Friday, January 17, 2014

Universal Life Insurance Explained

Universal life insurance is a “flexible premium” “current assumption” “adjustible death benefit” type of cash value life insurance. Confusing, I know. The term flexible premium means the policyowner is permitted to select whatever premium he or she wishes to pay, within limits, and later to adjust or change the premium. Policyowners may even skip premium payments as long as the cash value is sufficient to cover policy charges.

The term, current assumption, means that current interest rates, as well as current mortality and expense charges, are used to determine additions to cash values. The term adjustible death benefit means that policyowners are permitted to raise or lower policy death benefits. However, increases may require evidence of insurability.

As a result of this tremendous flexibility, universal life insurance has become a very popular option for those looking for permanent life insurance coverage.

What are the advantages of universal life insurance? 


  1. The policyowner has wide discretion or flexibility in selecting the premiums that are paid. Provided that there is enough cash value to cover mortality charges, the policyowner may even skip payments. In contrast with other types of policies, skipping payments does not result in the creation of policy loans. 
  2. The policyowner may change the level of death benefits. Decreases in the death benefit are permitted at virtually any time. 
  3. The policy is “transparent”. That is, policy illustrations and annual reports break out and report each of the policy lements seperately. 
  4. Most universal life insurance policies offer two death benefit patterns, called option A and option B. 
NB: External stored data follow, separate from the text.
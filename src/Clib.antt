-- ===== src/Clib.antt =====
-- What the C code takes from its language and standard library: bytes, strings that end where
-- their NUL would stand, faults in place of undefined behaviour, strchr and atoi.
pub mod Text
pub mod Decimal
pub mod Ctype
use Prim.Native.String.{String}
use Prim.Native.Char.{code}
use saphire.Prelude.{
  ℕ, ◌+◌, ◌-◌, ◌*◌, ◌%◌, ◌^◌, ◌≡◌, refl, ◌⊎◌, inl, inr, Bool, true, false, ◌&&◌, ◌||◌, Option, none,
  some, List, [], ◌∷◌, ltb, leb, ◌==◌, if◌then◌else◌,
}
use saphire.Prelude.Int.{ℤ, pos, negsuc, neg}

-- A `char *` string, without its terminating NUL. A byte is a number below 256.
abbrev pub Bytes : Type 0
Bytes = List ℕ

-- The bytes of a literal text.
abbrev pub codes : String → Bytes
codes String.[] = []
codes (String.◌∷◌ c s) = code c ∷ codes s

-- What undefined behaviour is reached, or that the rounds given to a loop ran out.
pub data Fault : Type 0 where
  out_of_bounds null_pointer uninitialised int_overflow out_of_fuel : Fault

pub data Run {ℓ} (A : Type ℓ) : Type ℓ where
  ok : A → Run A
  fault : Fault → Run A

infixl 5 ◌>>=◌
abbrev pub ◌>>=◌ {ℓ κ} : {A : Type ℓ} {B : Type κ} → Run A → (A → Run B) → Run B
ok a >>= f = f a
fault e >>= f = fault e

-- `p = strchr(s, d); if (p) *p = 0;`: what `s` is then, and the text at `p + 1`.
unfoldable pub strchr_cut : ℕ → Bytes → Bytes × Option Bytes
strchr_cut d [] = ([], none)
strchr_cut d (c ∷ s) =
    let rest = strchr_cut d s in if c == d then ([], some s) else (c ∷ rest.0, rest.1)

-- isspace in the C locale.
unfoldable pub is_space : ℕ → Bool
is_space c = (c == 32) || (leb 9 c && leb c 13)

unfoldable pub is_digit : ℕ → Bool
is_digit c = leb 48 c && leb c 57

unfoldable pub skip_space : Bytes → Bytes
unfolding is_space
skip_space [] = []
skip_space (c ∷ s) = if is_space c then skip_space s else c ∷ s

unfoldable pub digits_value : ℕ → Bytes → ℕ
unfolding is_digit
digits_value acc [] = acc
digits_value acc (c ∷ s) =
    let rest = digits_value (acc * 10 + (c - 48)) s in if is_digit c then rest else acc

unfoldable pub signed_value : Bytes → ℤ
unfolding digits_value
signed_value [] = pos 0
signed_value (c ∷ s) =
    if c == b'-'
    then neg (digits_value 0 s)
    else pos (if c == b'+' then digits_value 0 s else digits_value 0 (c ∷ s))

-- The number that atoi reads, of any size.
unfoldable pub atoi : Bytes → ℤ
unfolding skip_space signed_value
atoi s = signed_value (skip_space s)

-- A number as strtol returns it: the next `long` where it is none.
abbrev pub to_long : ℤ → ℤ
to_long (pos n) = pos (if ltb n (2 ^ 63) then n else 2 ^ 63 - 1)
to_long (negsuc n) = negsuc (if ltb n (2 ^ 63) then n else 2 ^ 63 - 1)

-- 32 bits as an `int`.
abbrev pub int_of_bits : ℕ → ℤ
int_of_bits w = if ltb w (2 ^ 31) then pos w else negsuc (2 ^ 32 - 1 - w)

-- The `int` that a `long` is cut to: its low 32 bits.
abbrev pub to_int : ℤ → ℤ
to_int (pos n) = int_of_bits (n % 2 ^ 32)
to_int (negsuc n) = int_of_bits (2 ^ 32 - 1 - n % 2 ^ 32)

-- atoi as `(int) strtol(s, NULL, 10)`. The C standard leaves it open for a number that no `int` holds.
unfoldable pub atoi_int : Bytes → ℤ
unfolding atoi
atoi_int s = to_int (to_long (atoi s))

-- strcmp(s, t) == 0.
unfoldable pub bytes_eq : Bytes → Bytes → Bool
bytes_eq [] [] = true
bytes_eq [] (d ∷ t) = false
bytes_eq (c ∷ s) [] = false
bytes_eq (c ∷ s) (d ∷ t) = (c == d) && bytes_eq s t

pub Run-cases {ℓ} :
    {A : Type ℓ} (r : Run A) → ((e : Fault) × (r ≡ fault e)) ⊎ ((a : A) × (r ≡ ok a))
Run-cases (ok a) = inr (a, refl)
Run-cases (fault e) = inl (e, refl)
  • Option A: This option, which is similar to a traditional whole life policy, offers a fixed (level) death benefit. As cash value grows larger, the net amount at risk (or pure insurance) is reduced to keep the total death benefit constant. 
  • Option B: This option operates in a manner similar to the death benefit one would receive from a traditional whole life policy with a term insurance rider that is equal to the current cash value. Under option B, the death benefit is equal to a specified level of pure insurance plus the policy’s cash value at the time of death.